Almeno per qualche giorno, Generali tallona un socio storico di riferimento come la Fondazione Cariplo nel capitale di Intesa Sanpaolo con una quota del 4,49%. La partecipazione si colloca appena sotto a quella del 4,83% in capo all’Ente presieduto da Giuseppe Guzzetti, secondo azionista dopo la Compagnia di San Paolo (9,34%) e prima della Fondazione Cassa risparmio di Padova e Rovigo (3,30%). E anche dopo la conclusione di quello che la compagnia di Trieste definisce un «passaggio tecnico e temporaneo», se gli equilibri non subiranno nuovi assestamenti, il Leone resterà sul podio degli azionisti della banca guidata da Carlo Messina, al terzo posto, con il 3,4%.

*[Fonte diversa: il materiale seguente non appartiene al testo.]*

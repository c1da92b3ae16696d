-- ===== src/Storage/HeadStore/Lookups.antt =====
-- What `at_size` and `latest` give on a store of tree heads with growing sizes.
use settled.Prelude.{
  ℕ, ◌≤◌, ◌<◌, List, [], ◌∷◌, ◌++◌, Option, none, some, ◌≡◌, ◌⊎◌, inl, inr, refl, ap, ◌∙◌, arith,
  map, All, if◌then◌else◌, ◌==◌, ==_iff, ==_ne, eq-cases,
}
use mathlib.Core.Option
use mathlib.Core.List.{map-append}
use settled.Prelude.Results.{ok}
use settled.Core.Split.{IsU64}
use settled.Core.Hash.Collisions.{bytes_eq_iff}
use settled.Storage.Types.{SignedTreeHead, signed_tree_head_proto_from}
use settled.Storage.Rows.{u64_key, find_row, rows_in, end}
use settled.Storage.Rows.Put.{bytes_eq_ne}
use settled.Storage.Rocks.{Rocks, cf_heads}
use settled.Storage.LogStore.Reads.{u64_key_injective}
use settled.Storage.HeadStore.{HeadProst, first_head, latest, found_head, at_size}
use settled.Storage.HeadStore.Writes.{IsHead, head_row, head_of_value-encoded, first_head-last}

unfoldable pub find_head : ℕ → List SignedTreeHead → Option SignedTreeHead
find_head n [] = none
find_head n (h ∷ hs) = if h.tree_size == n then some h else find_head n hs

unfoldable pub last_head : List SignedTreeHead → Option SignedTreeHead
last_head [] = none
last_head (h ∷ []) = some h
last_head (h ∷ x ∷ hs) = last_head (x ∷ hs)

-- Every size is above the one before, the first above the number.
abbrev pub IsAscending : ℕ → List SignedTreeHead → Type 0
IsAscending n [] = Unit {0}
IsAscending n (h ∷ hs) = (n < h.tree_size) × IsAscending h.tree_size hs

pub last_head-cases :
    (hs : List SignedTreeHead)
    → ((hs ≡ []) × (last_head hs ≡ none))
      ⊎ ((before : List SignedTreeHead) × (h : SignedTreeHead) × (hs ≡ before ++ h ∷ [])
          × (last_head hs ≡ some h))
unfolding last_head
last_head-cases [] = inl (refl, refl)
last_head-cases (h ∷ []) = inr ([], h, refl, refl)
last_head-cases (h ∷ x ∷ hs) = elim (last_head-cases (x ∷ hs)) [
  | inl (empty, none_last) ↦ absurd (cc)
  | inr (before, l, shape, found) ↦ inr (h ∷ before, l, ap (◌∷◌ h) shape, found)
]

pub All-find_head {ℓ} :
    (P : SignedTreeHead → Type ℓ) (n : ℕ) (hs : List SignedTreeHead) (h : SignedTreeHead)
    → All P hs
    → find_head n hs ≡ some h
    → P h × (h.tree_size ≡ n)
unfolding find_head
All-find_head P n [] h all e = absurd (cc)
All-find_head P n (x ∷ hs) h (px, all) e = elim (eq-cases x.tree_size n) [
  | inl same ↦
      let e' = rw ((==_iff x.tree_size n).1 same) at e in
      let same_head : h ≡ x = cc in
      (rw same_head px, ap (λ (z : SignedTreeHead). z.tree_size) same_head ∙ same)
  | inr other ↦ All-find_head P n hs h all (rw (==_ne x.tree_size n other) at e)
]

pub All-last_head {ℓ} :
    (P : SignedTreeHead → Type ℓ) (hs : List SignedTreeHead) (h : SignedTreeHead)
    → All P hs
    → last_head hs ≡ some h
    → P h
unfolding last_head
All-last_head P [] h all e = absurd (cc)
All-last_head P (x ∷ []) h (px, all) e = let same : h ≡ x = cc in rw same px
All-last_head P (x ∷ y ∷ hs) h (px, all) e = All-last_head P (y ∷ hs) h all e

ascending_above :
    (n : ℕ) (hs : List SignedTreeHead) (h : SignedTreeHead)
    → IsAscending n hs
    → last_head hs ≡ some h
    → n < h.tree_size
unfolding last_head
ascending_above n [] h up e = absurd (cc)
ascending_above n (x ∷ []) h (lt, up) e = let same : h ≡ x = cc in rw same lt
ascending_above n (x ∷ y ∷ hs) h (lt, up) e =
    omega (arith, lt, ascending_above x.tree_size (y ∷ hs) h up e)

-- The last head is the one that a lookup at its size finds.
pub find_head-last_head :
    (n : ℕ) (hs : List SignedTreeHead) (h : SignedTreeHead)
    → IsAscending n hs
    → last_head hs ≡ some h
    → find_head h.tree_size hs ≡ some h
unfolding find_head last_head
find_head-last_head n [] h up e = absurd (cc)
find_head-last_head n (x ∷ []) h (lt, up) e =
    let same : x ≡ h = cc in rw (same, (==_iff h.tree_size h.tree_size).1 refl)
find_head-last_head n (x ∷ y ∷ hs) h (lt, up) e =
    rw
      (==_ne x.tree_size h.tree_size
        (λ same. omega (arith, ascending_above x.tree_size (y ∷ hs) h up e)))
      (find_head-last_head x.tree_size (y ∷ hs) h up e)

-- No head has a size above the last one's.
pub last_head-largest :
    (n : ℕ) (hs : List SignedTreeHead) (h : SignedTreeHead)
    → IsAscending n hs
    → last_head hs ≡ some h
    → All (λ x. x.tree_size ≤ h.tree_size) hs
unfolding last_head
last_head-largest n [] h up e = tt
last_head-largest n (x ∷ []) h (lt, up) e =
    let same : x ≡ h = cc in (omega (arith, ap (λ (z : SignedTreeHead). z.tree_size) same), tt)
last_head-largest n (x ∷ y ∷ hs) h (lt, up) e = (
  omega (arith, ascending_above x.tree_size (y ∷ hs) h up e),
  last_head-largest x.tree_size (y ∷ hs) h up e,
)

pub IsAscending-append :
    (n : ℕ) (hs : List SignedTreeHead) (h : SignedTreeHead)
    → IsAscending n hs
    → n < h.tree_size
    → All (λ x. x.tree_size < h.tree_size) hs
    → IsAscending n (hs ++ h ∷ [])
IsAscending-append n [] h up lt all = (lt, tt)
IsAscending-append n (x ∷ hs) h (first, up) lt (below, all) =
    (first, IsAscending-append x.tree_size hs h up below all)

module _ (r : Rocks) (m : HeadProst) where
  find_row-heads :
      (n : ℕ) (hs : List SignedTreeHead)
      → IsU64 n
      → All IsHead hs
      → find_row (u64_key n) (map (head_row r m) hs)
        ≡ Option.map (λ h. m.encoded (signed_tree_head_proto_from h)) (find_head n hs)
  unfolding find_row find_head
  find_row-heads n [] hn all = refl
  find_row-heads n (h ∷ hs) hn (hh, all) = elim (eq-cases h.tree_size n) [
    | inl here ↦ rw (
      (bytes_eq_iff (u64_key h.tree_size) (u64_key n)).1 (ap u64_key here),
      (==_iff h.tree_size n).1 here,
    )
    | inr other ↦
        rw
          (
            bytes_eq_ne (u64_key h.tree_size) (u64_key n)
                (λ same. other (u64_key_injective h.tree_size n hh.0 hn same)),
            ==_ne h.tree_size n other,
          )
          (find_row-heads n hs hn all)
  ]

  found_head-encoded :
      (o : Option SignedTreeHead)
      → ((h : SignedTreeHead) → o ≡ some h → IsHead h)
      → found_head r m (Option.map (λ h. m.encoded (signed_tree_head_proto_from h)) o) ≡ ok o
  unfolding found_head
  found_head-encoded none v = refl
  found_head-encoded (some h) v = rw (head_of_value-encoded r m h (v h refl))

  pub at_size-find_head :
      (db : r.Db) (hs : List SignedTreeHead) (n : ℕ)
      → r.IsReadable db
      → r.rows db cf_heads ≡ map (head_row r m) hs
      → All IsHead hs
      → IsU64 n
      → at_size r m db n ≡ ok (find_head n hs)
  unfolding at_size
  at_size-find_head db hs n readable rows all hn =
      rw (r.get_cf-IsReadable db cf_heads (u64_key n) readable, rows, find_row-heads n hs hn all)
        (found_head-encoded (find_head n hs) (λ h e. (All-find_head IsHead n hs h all e).0))

  pub latest-last_head :
      (db : r.Db) (hs : List SignedTreeHead)
      → r.IsReadable db
      → r.rows db cf_heads ≡ map (head_row r m) hs
      → All IsHead hs
      → latest r m db ≡ ok (last_head hs)
  unfolding latest rows_in first_head
  latest-last_head db hs readable rows all = elim (last_head-cases hs) [
    | inl (empty, none_last) ↦
        rw (r.iterator_cf-IsReadable db cf_heads end readable, rows, none_last, empty)
    | inr (before, h, shape, last) ↦
        rw
          (
            r.iterator_cf-IsReadable db cf_heads end readable,
            rows,
            last,
            shape,
            map-append (head_row r m) before (h ∷ []),
          )
          (first_head-last r m before h (All-last_head IsHead hs h all last))
  ]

Troppo presto, e troppo poco, per lasciarsi suggestionare dall’idea che la (possibile) preda possa rovesciare il tavolo. Di certo la mossa anti scalata promossa da Philippe Donnet, l’amministratore delegato delle Generali, all’indomani delle prime voci sulle mire della prima banca italiana, ha prodotto un effetto paradosso.

Il 23 gennaio il Leone ha preso a prestito il 3% dei diritti di voto di Intesa con l’obiettivo di bloccare l’eventuale acquisto di piccole quote da parte di quest’ultima e imporre (nel caso) allo stesso gruppo bancario il lancio di un’offerta pubblica. In base alla normativa sulle partecipazioni incrociate, Intesa sarebbe costretta a promuovere l’offerta su almeno il 60% del capitale. Nonostante Messina non abbia mai confermato l’Opa e si sia sempre limitato a parlare di «combinazioni industriali» Donnet ha confermato la strategia difensiva lasciando il prestito e acquistando sul mercato il 3,04% delle azioni di Intesa per un investimento di un miliardo circa. Il prestito però non è ancora stato completamente estinto. Da smaltire resta ancora una quota pari all’1,08% che unita al 3,04 acquistato la scorsa settimana e ad alcuni titoli di Intesa già in portafoglio porta temporaneamente la partecipazione al 4,5% circa. Sono sempre di venerdì le parole del presidente delle Generali, Gabriele Galateri, che aperto a possibili «collaborazioni industriali» con la banca, purché venga preservata l’indipendenza della compagnia. Gli ha replicato a distanza Gian Maria Gros-Pietro ricordando le condizioni poste a sua volta da Messina sull’eventuale «combinazione» con il Leone che «mai» dovrà intaccare solidità e redditività della banca.

Oggi Intesa Sanpaolo torna a riunire il consiglio di amministrazione ma il dossier Generali ancora «non risulta» all’ordine del giorno.